▸ **WHAT TO DO**: Copy all lines below containing "else".

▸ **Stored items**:
•••

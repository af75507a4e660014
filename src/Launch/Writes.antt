-- ===== src/Launch/Writes.antt =====
-- launch.ts, saveIfCurrent: a guarded write changes the stored plan only in the phase expected.
use agx.Prelude.{
  String, ◌≡◌, ◌≢◌, refl, ap, ◌∙◌, some, Bool, true, false, not, if◌then◌else◌, arith, Option-cases,
  Bool-cases, inl, inr,
}
use agx.Prelude.Dict.{get, put, get-put_self}
use agx.Prelude.Outcome.{returned}
use agx.Activation.{LaunchPhase, LaunchPlan}
use agx.Plans
use agx.Plans.{Plans, same_phase, update_plan}
use agx.Prelude.Exec.{Exec, pure, throw, >>=-eq-returned}
use agx.Launch.{save_if_current, save_or_throw}
use agx.Launch.World.{State, Ports}

-- What a guarded write that was carried out found and left.
pub record Written {W : Type 0} (plan : LaunchPlan) (expected : LaunchPhase) (s s' : State W)
    : Type 0 where
  pub stored : LaunchPlan
  pub is_stored : get plan.plan_id s.plans ≡ some stored
  pub in_phase : stored.phase ≡ expected
  pub after : s' ≡ record s { plans = put plan.plan_id (update_plan stored plan) s.plans }

pub same_phase-eq : (a b : LaunchPhase) → same_phase a b ≡ true → a ≡ b
same_phase-eq a b e = ground arith

module _ {W : Type 0} (ports : Ports W) (plan : LaunchPlan) (expected : LaunchPhase) where
  pub save_if_current-Written :
      (s s' : State W)
      → ports.guards_writes ≡ true
      → save_if_current ports plan expected s ≡ (returned true, s')
      → Written plan expected s s'
  unfolding save_if_current Plans.save_if_phase
  save_if_current-Written s s' guarded e = elim (Option-cases (get plan.plan_id s.plans)) [
    | inl missing ↦ absurd (ground arith)
    | inr (stored, found) ↦ elim (Bool-cases (same_phase stored.phase expected)) [
      | inl same ↦ record {
        stored = stored;
        is_stored = found;
        in_phase = same_phase-eq stored.phase expected same;
        after = ground arith;
      }
      | inr differs ↦ absurd (ground arith)
    ]
  ]

  pub Written-stored :
      (s s' : State W)
      → Written plan expected s s'
      → (stored : LaunchPlan) × (get plan.plan_id s'.plans ≡ some stored)
        × (stored.phase ≡ plan.phase)
  Written-stored s s' w = (
    update_plan w.stored plan,
    ap (λ (t : State W). get plan.plan_id t.plans) w.after
        ∙ get-put_self plan.plan_id (update_plan w.stored plan) s.plans,
    refl,
  )

  -- A plan that is stored in another phase is not written.
  pub save_if_current-stale :
      (s : State W) (stored : LaunchPlan)
      → ports.guards_writes ≡ true
      → get plan.plan_id s.plans ≡ some stored
      → stored.phase ≢ expected
      → save_if_current ports plan expected s ≡ (returned false, s)
  unfolding save_if_current Plans.save_if_phase
  save_if_current-stale s stored guarded found other =
      let differs : same_phase stored.phase expected ≡ false =
        ground (arith, same_phase-eq stored.phase expected) in
      rw (guarded, found, differs) refl

  kept :
      (saved : Bool) (message : String) (r : LaunchPlan) (t s' : State W)
      → if◌then◌else◌ {A = Exec (State W) LaunchPlan} (not saved) (throw message) (pure plan) t
        ≡ (returned r, s')
      → (saved ≡ true) × (r ≡ plan) × (t ≡ s')
  kept true message r t s' e = (refl, cc, cc)
  kept false message r t s' e = absurd (cc)

  pub save_or_throw-Written :
      (message : String) (r : LaunchPlan) (s s' : State W)
      → ports.guards_writes ≡ true
      → save_or_throw ports plan expected message s ≡ (returned r, s')
      → (r ≡ plan) × Written plan expected s s'
  unfolding save_or_throw
  save_or_throw-Written message r s s' guarded e =
      let (saved, t, wrote, rest) = >>=-eq-returned (save_if_current ports plan expected) _ e in
      let (was_saved, same, there) = kept saved message r t s' rest in
      (same, save_if_current-Written s s' guarded (wrote ∙ cc))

•••

▸ **OUTPUT OF THE TASK**:
  String, ◌≡◌, ◌≢◌, refl, ap, ◌∙◌, some, Bool, true, false, not, if◌then◌else◌, arith, Option-cases,
      → if◌then◌else◌ {A = Exec (State W) LaunchPlan} (not saved) (throw message) (pure plan) t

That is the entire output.